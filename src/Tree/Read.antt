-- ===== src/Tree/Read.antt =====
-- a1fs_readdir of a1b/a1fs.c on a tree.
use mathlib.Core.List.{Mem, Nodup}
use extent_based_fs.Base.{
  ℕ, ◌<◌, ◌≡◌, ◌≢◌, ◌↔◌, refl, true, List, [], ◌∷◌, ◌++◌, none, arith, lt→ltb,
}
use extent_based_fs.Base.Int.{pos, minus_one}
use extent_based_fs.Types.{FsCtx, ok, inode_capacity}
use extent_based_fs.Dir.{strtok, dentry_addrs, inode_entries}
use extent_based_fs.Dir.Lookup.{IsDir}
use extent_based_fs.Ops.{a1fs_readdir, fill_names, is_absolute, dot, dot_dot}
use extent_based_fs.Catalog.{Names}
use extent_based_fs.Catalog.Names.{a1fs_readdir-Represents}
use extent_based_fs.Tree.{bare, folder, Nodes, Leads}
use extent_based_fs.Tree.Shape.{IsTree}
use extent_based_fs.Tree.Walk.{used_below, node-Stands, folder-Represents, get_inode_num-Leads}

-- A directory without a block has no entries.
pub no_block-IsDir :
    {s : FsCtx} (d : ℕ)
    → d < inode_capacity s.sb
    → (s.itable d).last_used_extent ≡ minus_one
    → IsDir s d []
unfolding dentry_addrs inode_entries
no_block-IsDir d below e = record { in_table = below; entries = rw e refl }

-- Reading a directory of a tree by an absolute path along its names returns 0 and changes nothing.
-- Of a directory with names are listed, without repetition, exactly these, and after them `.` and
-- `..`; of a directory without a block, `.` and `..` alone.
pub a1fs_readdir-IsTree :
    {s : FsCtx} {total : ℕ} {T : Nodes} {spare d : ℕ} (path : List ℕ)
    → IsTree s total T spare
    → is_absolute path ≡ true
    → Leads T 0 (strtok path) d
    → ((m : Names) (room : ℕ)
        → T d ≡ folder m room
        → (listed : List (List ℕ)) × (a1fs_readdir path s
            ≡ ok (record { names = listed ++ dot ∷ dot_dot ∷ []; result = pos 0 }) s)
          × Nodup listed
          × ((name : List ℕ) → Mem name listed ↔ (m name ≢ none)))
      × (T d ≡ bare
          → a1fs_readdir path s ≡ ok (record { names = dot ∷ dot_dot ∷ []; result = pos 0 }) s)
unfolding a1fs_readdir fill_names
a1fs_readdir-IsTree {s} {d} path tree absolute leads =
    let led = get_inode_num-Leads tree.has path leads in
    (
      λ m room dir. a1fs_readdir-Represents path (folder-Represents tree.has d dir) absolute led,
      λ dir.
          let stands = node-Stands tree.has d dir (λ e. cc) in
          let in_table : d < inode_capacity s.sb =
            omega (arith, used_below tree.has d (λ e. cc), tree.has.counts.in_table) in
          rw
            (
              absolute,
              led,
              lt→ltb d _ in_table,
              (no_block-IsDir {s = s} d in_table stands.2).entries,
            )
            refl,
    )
* * *
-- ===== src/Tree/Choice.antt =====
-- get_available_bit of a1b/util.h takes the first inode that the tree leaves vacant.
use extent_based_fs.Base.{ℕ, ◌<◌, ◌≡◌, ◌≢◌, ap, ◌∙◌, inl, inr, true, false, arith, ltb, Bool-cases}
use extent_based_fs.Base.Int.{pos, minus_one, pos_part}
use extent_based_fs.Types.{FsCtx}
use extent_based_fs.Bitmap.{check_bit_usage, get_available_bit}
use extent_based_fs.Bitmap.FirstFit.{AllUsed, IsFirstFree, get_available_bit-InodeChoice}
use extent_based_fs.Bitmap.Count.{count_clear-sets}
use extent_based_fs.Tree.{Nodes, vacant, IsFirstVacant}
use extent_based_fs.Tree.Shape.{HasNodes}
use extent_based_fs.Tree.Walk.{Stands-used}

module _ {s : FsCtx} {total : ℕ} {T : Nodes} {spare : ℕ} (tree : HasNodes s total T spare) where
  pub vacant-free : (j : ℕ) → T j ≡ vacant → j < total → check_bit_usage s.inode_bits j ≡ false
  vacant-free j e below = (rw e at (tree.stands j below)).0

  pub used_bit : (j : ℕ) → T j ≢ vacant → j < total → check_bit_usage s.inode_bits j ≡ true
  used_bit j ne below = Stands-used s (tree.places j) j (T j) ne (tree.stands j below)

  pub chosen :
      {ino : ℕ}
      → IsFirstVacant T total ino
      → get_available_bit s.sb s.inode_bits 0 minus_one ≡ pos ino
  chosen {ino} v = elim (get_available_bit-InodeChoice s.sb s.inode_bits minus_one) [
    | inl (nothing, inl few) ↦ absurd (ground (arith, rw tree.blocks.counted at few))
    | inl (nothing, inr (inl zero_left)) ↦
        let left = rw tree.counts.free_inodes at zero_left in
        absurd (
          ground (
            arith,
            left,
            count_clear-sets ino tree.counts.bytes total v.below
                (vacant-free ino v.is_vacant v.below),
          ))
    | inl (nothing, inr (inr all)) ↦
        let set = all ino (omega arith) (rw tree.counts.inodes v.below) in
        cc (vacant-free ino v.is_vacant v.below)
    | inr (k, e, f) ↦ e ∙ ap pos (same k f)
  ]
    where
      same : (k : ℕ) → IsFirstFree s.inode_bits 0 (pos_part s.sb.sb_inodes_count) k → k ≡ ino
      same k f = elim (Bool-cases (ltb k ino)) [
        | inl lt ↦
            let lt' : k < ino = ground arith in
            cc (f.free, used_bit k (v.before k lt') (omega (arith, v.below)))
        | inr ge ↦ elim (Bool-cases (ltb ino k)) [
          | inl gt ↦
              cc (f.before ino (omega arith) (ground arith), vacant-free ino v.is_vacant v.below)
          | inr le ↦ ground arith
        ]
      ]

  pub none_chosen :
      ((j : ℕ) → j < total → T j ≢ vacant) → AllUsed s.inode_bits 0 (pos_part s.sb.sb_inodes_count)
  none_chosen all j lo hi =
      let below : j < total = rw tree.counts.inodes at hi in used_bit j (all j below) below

- INSTRUCTIONS TO FOLLOW -
Starting at the line with "cc (f.free, used_bit" and ending at the line with "none_chosen all j", print each line of the listing above exactly, with no other lines.

- RESPONSE TO THIS EXERCISE -
            cc (f.free, used_bit k (v.before k lt') (omega (arith, v.below)))
        | inr ge ↦ elim (Bool-cases (ltb ino k)) [
          | inl gt ↦
              cc (f.before ino (omega arith) (ground arith), vacant-free ino v.is_vacant v.below)
          | inr le ↦ ground arith
        ]
      ]

  pub none_chosen :
      ((j : ℕ) → j < total → T j ≢ vacant) → AllUsed s.inode_bits 0 (pos_part s.sb.sb_inodes_count)
  none_chosen all j lo hi =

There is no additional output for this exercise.